### Exercise
In the data below, the answer is the run of lines from the line containing "does not match" through the line containing "merge_sp_constraints none policy_id", both included; print it exactly and nothing else.

::: Material provided :::

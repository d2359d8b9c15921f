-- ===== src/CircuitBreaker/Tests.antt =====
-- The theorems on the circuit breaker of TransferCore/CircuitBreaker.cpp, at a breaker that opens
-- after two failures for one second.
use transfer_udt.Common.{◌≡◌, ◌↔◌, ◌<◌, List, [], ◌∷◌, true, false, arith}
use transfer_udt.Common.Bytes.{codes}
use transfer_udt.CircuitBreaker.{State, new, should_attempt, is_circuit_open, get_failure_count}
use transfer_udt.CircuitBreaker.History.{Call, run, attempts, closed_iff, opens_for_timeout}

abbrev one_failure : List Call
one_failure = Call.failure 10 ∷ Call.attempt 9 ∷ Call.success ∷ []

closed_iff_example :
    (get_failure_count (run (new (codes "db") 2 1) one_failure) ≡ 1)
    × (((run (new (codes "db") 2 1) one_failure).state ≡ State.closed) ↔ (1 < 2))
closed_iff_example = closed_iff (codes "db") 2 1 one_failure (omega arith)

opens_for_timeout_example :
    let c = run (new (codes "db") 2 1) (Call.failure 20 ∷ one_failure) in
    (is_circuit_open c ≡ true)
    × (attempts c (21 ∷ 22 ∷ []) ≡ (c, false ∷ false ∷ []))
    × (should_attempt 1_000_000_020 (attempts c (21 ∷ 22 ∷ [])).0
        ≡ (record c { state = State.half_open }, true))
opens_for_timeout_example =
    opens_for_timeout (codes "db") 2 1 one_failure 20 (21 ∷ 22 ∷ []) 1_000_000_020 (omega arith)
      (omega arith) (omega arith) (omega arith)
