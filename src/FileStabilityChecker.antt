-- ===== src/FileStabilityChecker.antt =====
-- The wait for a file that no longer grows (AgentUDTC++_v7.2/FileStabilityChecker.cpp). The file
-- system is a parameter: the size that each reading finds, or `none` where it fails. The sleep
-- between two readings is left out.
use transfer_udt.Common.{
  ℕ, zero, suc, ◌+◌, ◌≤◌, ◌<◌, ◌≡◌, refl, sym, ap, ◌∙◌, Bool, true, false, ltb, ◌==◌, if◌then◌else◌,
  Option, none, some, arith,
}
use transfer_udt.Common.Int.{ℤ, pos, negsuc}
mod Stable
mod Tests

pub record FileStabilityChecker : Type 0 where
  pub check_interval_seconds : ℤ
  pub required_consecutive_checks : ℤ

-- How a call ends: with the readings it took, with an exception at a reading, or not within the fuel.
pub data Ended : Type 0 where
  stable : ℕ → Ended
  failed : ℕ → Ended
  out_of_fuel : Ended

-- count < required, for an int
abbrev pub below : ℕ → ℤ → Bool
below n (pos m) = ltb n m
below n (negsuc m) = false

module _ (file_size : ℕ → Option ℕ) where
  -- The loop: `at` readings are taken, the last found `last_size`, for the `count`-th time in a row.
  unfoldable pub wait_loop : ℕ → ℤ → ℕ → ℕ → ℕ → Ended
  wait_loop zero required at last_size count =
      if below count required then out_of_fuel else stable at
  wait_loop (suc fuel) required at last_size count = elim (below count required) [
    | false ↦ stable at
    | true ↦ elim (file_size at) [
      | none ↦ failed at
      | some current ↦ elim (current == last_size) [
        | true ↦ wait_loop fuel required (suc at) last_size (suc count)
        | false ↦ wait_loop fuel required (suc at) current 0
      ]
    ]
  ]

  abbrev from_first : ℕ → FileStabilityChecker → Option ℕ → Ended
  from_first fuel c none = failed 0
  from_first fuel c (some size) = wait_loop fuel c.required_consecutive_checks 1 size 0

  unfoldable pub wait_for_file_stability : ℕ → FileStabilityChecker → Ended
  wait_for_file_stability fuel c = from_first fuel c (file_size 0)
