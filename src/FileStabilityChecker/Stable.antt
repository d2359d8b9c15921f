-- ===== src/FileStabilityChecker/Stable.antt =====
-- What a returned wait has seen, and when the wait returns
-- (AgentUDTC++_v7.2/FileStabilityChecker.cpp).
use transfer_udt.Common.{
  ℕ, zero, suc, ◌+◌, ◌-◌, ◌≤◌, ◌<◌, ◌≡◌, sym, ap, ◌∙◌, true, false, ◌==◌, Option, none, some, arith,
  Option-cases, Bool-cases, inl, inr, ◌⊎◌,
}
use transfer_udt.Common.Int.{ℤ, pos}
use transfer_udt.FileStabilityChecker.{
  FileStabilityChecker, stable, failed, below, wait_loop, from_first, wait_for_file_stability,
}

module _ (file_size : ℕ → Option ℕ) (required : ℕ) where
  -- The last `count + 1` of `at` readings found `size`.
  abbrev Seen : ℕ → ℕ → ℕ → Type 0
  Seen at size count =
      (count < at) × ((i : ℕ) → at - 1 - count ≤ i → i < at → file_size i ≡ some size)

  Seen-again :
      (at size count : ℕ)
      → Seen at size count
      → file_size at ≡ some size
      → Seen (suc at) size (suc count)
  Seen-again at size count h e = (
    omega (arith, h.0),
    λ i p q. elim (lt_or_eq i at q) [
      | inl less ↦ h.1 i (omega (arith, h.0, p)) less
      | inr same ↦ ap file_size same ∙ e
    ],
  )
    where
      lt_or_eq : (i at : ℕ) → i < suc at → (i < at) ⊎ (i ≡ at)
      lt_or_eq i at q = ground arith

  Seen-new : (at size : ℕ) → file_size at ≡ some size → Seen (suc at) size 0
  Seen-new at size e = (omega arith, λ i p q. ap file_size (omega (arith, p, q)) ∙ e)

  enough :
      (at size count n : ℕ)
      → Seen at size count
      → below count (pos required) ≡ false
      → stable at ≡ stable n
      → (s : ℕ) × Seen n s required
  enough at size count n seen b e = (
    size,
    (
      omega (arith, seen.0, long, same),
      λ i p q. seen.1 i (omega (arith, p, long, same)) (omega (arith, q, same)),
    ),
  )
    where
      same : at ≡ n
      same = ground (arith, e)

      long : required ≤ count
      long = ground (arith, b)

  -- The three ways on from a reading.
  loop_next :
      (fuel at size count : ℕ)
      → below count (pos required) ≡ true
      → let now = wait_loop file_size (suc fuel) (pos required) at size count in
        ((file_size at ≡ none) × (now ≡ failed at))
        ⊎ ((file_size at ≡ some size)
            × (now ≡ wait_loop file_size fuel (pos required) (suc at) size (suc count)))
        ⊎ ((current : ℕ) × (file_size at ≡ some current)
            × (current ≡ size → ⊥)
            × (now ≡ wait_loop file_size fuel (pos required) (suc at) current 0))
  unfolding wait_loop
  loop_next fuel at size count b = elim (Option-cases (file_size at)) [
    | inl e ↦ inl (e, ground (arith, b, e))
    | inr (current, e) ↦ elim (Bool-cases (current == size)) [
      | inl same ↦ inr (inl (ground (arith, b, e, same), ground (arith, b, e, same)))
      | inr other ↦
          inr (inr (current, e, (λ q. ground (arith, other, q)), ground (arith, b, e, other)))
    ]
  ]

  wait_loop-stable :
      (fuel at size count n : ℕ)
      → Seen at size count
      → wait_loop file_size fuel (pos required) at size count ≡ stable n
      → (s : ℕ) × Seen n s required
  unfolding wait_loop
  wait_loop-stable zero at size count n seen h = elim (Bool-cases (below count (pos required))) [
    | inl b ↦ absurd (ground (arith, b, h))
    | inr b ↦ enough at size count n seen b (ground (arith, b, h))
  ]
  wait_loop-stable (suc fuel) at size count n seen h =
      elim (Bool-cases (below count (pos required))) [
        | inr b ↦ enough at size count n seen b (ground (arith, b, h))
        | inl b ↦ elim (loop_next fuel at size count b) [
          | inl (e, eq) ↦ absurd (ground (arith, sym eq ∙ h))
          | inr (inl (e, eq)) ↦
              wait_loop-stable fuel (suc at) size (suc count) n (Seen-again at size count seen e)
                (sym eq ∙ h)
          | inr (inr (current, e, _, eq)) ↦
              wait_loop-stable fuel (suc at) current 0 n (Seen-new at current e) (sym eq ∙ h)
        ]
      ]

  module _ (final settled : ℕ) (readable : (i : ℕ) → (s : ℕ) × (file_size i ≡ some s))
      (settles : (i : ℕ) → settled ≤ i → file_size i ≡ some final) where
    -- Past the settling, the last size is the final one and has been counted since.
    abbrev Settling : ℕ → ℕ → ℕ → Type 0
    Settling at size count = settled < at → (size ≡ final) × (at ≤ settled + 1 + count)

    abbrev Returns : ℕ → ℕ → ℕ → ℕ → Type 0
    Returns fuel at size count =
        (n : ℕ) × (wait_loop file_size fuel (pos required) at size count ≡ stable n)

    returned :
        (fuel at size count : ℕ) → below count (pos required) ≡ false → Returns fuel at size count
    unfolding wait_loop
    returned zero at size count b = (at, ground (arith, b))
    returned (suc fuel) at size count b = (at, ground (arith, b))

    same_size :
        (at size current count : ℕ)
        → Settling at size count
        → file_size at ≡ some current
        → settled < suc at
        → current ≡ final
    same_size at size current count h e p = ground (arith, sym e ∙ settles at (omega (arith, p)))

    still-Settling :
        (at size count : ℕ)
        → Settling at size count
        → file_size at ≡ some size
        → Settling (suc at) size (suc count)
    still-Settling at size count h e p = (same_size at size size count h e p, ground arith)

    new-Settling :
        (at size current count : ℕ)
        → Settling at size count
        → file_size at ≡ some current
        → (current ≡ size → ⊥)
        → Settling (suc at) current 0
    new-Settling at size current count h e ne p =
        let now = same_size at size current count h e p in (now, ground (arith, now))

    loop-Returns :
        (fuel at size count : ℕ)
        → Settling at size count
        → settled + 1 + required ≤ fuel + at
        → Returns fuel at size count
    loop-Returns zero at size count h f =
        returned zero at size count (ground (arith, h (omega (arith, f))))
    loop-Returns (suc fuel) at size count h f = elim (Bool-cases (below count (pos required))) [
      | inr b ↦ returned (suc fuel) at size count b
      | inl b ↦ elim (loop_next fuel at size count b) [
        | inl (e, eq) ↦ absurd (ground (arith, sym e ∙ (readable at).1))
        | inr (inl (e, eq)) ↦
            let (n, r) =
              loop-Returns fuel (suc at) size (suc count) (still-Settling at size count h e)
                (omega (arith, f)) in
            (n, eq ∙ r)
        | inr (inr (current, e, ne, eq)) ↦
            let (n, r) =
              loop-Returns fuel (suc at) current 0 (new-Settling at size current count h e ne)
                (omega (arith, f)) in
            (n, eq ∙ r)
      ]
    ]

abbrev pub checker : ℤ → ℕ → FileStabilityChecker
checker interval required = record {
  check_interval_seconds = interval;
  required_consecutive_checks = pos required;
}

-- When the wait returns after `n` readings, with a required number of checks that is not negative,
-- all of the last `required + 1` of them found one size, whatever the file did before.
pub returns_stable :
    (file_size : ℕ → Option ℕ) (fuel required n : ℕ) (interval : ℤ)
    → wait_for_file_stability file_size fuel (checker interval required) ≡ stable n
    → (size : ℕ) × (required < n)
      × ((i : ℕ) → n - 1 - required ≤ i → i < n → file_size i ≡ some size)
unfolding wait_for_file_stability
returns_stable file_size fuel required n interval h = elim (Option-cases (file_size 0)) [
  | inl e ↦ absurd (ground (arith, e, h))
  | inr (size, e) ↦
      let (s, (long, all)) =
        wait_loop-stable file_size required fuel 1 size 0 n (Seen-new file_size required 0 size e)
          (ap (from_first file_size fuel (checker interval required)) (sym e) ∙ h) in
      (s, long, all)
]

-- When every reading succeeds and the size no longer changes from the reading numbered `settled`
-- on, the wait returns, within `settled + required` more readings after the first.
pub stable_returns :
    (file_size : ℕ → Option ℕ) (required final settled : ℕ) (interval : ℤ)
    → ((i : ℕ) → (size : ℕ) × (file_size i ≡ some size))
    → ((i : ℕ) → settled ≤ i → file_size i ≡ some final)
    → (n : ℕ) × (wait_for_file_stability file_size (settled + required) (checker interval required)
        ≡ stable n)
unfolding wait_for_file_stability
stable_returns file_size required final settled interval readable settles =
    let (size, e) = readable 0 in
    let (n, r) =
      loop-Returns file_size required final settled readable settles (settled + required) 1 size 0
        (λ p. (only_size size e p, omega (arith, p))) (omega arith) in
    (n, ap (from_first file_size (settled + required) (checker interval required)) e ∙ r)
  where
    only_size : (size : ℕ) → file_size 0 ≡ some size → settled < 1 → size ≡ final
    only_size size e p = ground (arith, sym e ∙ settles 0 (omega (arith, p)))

:::
::: Material provided :::

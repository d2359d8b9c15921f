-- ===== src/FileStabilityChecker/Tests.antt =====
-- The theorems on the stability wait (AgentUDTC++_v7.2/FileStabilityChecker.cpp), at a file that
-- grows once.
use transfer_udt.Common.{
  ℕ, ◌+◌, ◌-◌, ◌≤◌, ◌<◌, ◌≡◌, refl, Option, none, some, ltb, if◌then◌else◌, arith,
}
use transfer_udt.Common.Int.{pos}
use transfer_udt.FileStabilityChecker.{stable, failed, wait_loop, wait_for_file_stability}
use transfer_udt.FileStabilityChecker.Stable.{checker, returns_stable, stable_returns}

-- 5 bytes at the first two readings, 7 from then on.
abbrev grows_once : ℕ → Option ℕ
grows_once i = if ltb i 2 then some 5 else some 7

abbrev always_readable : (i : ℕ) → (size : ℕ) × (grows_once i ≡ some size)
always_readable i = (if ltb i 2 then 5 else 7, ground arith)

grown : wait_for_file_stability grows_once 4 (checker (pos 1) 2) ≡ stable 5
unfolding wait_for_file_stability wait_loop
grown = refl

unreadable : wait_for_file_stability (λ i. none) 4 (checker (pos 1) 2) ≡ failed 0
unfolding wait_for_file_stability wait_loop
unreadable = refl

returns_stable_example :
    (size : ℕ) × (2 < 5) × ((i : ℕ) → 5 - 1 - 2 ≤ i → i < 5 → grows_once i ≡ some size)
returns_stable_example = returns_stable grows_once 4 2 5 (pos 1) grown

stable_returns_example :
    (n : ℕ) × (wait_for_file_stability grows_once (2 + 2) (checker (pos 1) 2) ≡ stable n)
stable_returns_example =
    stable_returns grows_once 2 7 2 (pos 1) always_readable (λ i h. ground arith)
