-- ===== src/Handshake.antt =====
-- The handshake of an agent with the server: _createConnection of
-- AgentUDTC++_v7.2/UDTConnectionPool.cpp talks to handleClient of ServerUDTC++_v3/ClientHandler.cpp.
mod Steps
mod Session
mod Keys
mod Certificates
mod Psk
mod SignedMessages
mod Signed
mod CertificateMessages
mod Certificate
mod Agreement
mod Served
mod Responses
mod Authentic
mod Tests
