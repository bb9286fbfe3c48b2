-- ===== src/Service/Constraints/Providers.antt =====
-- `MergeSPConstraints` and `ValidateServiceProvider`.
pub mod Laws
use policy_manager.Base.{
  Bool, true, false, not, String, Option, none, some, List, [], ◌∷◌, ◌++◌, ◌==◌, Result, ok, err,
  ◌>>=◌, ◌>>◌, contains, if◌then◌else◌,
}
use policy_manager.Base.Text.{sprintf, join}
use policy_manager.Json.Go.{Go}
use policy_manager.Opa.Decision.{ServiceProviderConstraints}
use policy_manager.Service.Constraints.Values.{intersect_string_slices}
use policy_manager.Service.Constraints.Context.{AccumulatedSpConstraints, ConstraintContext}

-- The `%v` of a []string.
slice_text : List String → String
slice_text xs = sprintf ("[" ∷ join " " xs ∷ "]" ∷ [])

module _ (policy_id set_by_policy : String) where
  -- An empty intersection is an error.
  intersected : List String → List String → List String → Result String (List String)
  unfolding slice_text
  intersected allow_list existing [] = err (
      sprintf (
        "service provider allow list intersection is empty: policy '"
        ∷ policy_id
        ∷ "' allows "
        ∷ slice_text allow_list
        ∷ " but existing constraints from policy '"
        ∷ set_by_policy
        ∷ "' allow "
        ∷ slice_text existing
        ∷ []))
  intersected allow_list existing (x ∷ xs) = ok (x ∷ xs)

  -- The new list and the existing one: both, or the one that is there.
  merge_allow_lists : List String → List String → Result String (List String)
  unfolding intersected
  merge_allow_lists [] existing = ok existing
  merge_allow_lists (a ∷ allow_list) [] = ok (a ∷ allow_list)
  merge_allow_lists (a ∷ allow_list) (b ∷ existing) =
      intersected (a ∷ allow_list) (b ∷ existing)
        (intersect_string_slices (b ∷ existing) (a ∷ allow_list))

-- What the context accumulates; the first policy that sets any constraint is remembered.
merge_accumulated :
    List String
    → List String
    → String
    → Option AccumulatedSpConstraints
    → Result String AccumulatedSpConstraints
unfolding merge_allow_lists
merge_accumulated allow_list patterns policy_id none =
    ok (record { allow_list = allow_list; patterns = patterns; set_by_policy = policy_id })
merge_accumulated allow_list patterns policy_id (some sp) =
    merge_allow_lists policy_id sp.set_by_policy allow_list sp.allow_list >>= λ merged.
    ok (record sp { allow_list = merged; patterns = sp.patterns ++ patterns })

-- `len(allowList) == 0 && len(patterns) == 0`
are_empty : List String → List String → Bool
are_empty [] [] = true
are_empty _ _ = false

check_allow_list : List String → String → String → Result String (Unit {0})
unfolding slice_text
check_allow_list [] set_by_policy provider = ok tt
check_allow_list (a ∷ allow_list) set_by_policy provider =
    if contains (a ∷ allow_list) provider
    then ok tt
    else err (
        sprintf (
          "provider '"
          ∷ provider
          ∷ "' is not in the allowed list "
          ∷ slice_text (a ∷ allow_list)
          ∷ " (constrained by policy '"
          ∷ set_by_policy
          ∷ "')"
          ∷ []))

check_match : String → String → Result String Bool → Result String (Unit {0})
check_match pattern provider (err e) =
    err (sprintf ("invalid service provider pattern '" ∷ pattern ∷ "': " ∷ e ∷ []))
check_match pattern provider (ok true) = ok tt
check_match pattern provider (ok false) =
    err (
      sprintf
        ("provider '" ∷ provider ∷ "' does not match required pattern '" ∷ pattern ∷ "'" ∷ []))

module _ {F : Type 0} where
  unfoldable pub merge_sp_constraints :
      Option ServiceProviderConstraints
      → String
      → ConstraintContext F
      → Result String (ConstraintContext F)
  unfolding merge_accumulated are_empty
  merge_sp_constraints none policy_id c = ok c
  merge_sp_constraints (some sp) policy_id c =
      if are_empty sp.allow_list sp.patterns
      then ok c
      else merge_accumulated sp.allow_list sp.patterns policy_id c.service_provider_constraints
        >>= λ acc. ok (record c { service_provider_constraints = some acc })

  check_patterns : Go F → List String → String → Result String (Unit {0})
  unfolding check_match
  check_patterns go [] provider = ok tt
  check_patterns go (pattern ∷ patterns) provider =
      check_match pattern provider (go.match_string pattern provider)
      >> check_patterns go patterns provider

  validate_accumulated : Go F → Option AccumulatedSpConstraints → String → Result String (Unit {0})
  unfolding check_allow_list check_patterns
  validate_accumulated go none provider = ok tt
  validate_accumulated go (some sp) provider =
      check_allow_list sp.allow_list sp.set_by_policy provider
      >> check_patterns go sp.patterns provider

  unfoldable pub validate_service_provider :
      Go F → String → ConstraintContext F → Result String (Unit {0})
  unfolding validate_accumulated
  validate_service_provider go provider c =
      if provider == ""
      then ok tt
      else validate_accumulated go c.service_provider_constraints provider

:::

### Reply to the task
        ("provider '" ∷ provider ∷ "' does not match required pattern '" ∷ pattern ∷ "'" ∷ []))

module _ {F : Type 0} where
  unfoldable pub merge_sp_constraints :
      Option ServiceProviderConstraints
      → String
      → ConstraintContext F
      → Result String (ConstraintContext F)
  unfolding merge_accumulated are_empty
  merge_sp_constraints none policy_id c = ok c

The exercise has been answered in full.